Paper short abstract:
The renovation of the former Turkish neighborhood in the Cypriot town of Pafos, on the occasion the European Capital of Culture, challenges the local perception of time. The chronological horizon shifts from the memories of the war to a future-oriented perspective of Pafos as a modern city.
Paper long abstract:
The paper analyzes the transformation of the Moutallos, a neighborhood of Pafos (Cyprus) on the occasion of the European Capital of Culture in 2017. It will focus on the restoration of the Xani tou Imbrahim, an abandoned caravanserai turned into a cultural center.
In Moutallos used to dwell the Turkish-Cypriot community that left the town after the war of 1974. Nowadays, the Greek-Cypriot refugees from the North live in those very same houses but the former inhabitants still maintain their legal property.
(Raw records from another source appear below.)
-- ===== src/Saves.antt =====
-- packages/db/src/repositories/transition-validation.ts with the types of types.ts: the guard that the
-- repository puts before every save of an interview.
pub mod Equal
pub mod Validate
pub mod Eventless
pub mod Completions
pub mod Commands
pub mod Transitions
pub mod Accepts
pub mod Sound
pub mod Tests
use interview_agent.Common.{ℕ, Option, List, Text, Date}
use interview_agent.Interview.{ReportKind, AnswerMaterialKind, QuestionEvaluation, QuestionOutcome}
use interview_agent.Engine.{
  Interview, InterviewEvent, EventBase, AbandonReason, RecordSystemFollowUpCommand,
}

-- `EvaluationPersistence` without its model metadata, which the guard does not read.
pub record EvaluationPersistence : Type 0 where
  pub evaluation_id : Text
  pub question_position : ℕ
  pub evaluation : QuestionEvaluation
  pub created_at : Date

-- `ReportPersistence`, with the fields that the guard reads.
pub record ReportPersistence : Type 0 where
  pub id : Text
  pub kind : ReportKind
  pub created_at : Date

-- `evaluations` is empty where the source leaves it out.
pub record InterviewSave : Type 0 where
  pub previous : Interview
  pub current : Interview
  pub events : List InterviewEvent
  pub evaluations : List EvaluationPersistence
  pub report : Option ReportPersistence

-- The details that `reject` reports.
pub data SaveReason : Type 0 where
  unsupported_events pending_mismatch refresh_mismatch eventless_mismatch clarification_mismatch
        follow_up_mismatch clear_mismatch evaluation_mismatch outcome_mismatch freeze_mismatch
        freeze_without_outcome report_request_mismatch early_end_mismatch stored_report_mismatch
        abandonment_mismatch evaluation_counts evaluation_payload unexpected_evaluation
        report_payload unexpected_report event_identity expected_pending operation_mismatch
        answer_mismatch question_outside not_canonical :
      SaveReason

-- `RepositoryImmutableConflictError` and `RepositoryCorruptionError`
pub data SaveError : Type 0 where
  immutable_conflict : Text → SaveError
  corrupt_save : Text → SaveReason → SaveError

-- The fields of an `answer_material_submitted` event.
pub record AnswerEvent : Type 0 where
  pub base : EventBase
  pub id : Text
  pub kind : AnswerMaterialKind
  pub position : ℕ
  pub text : Text

-- The sequences of event types that the guard knows, with the events' fields.
pub data EventSequence : Type 0 where
  no_events : EventSequence
  clarification_events : EventBase → ℕ → EventBase → Text → ℕ → Text → EventSequence
  follow_up_events :
      AnswerEvent
      → Option (EventBase × ℕ)
      → EventBase
      → ℕ
      → RecordSystemFollowUpCommand
      → EventSequence
  evaluation_events : AnswerEvent → EventBase → ℕ → QuestionEvaluation → EventSequence
  outcome_events : EventBase → ℕ → QuestionOutcome → EventSequence
  freeze_events : EventBase → ℕ → Option (EventBase × ReportKind) → EventSequence
  report_request_events : EventBase → ReportKind → EventSequence
  stored_events : EventBase → Text → ReportKind → EventSequence
  abandoned_events : EventBase → AbandonReason → EventSequence
  other_events : EventSequence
This situation have prevented the evolution that have lately involved other parts of the city, both effectively and symbolically. The persistence to keep traces of the past by the Greek-Cypriot governments, in order of being ready to restore the pre-war situation, have had the side effect of putting the present between branches, in a permanent state of temporariness.
On the other hand, the rhetoric of Pafos2017 is dominated by the future vision of Pafos as a modern city. In this perspective, the city isn't just a space in which different temporalities coexist but the horizon from which modernity can rise.
The cultural-driven transformation of places is a way to achieve this goal. Renovating the old buildings of the center aims at reshaping the feeling of people about them, from monuments to new possibilities for the wish-to-be city. Being a city means to emerge from the anonymity of the global world, so the history entangled in places has to be turned from a burden into an asset to be exploited.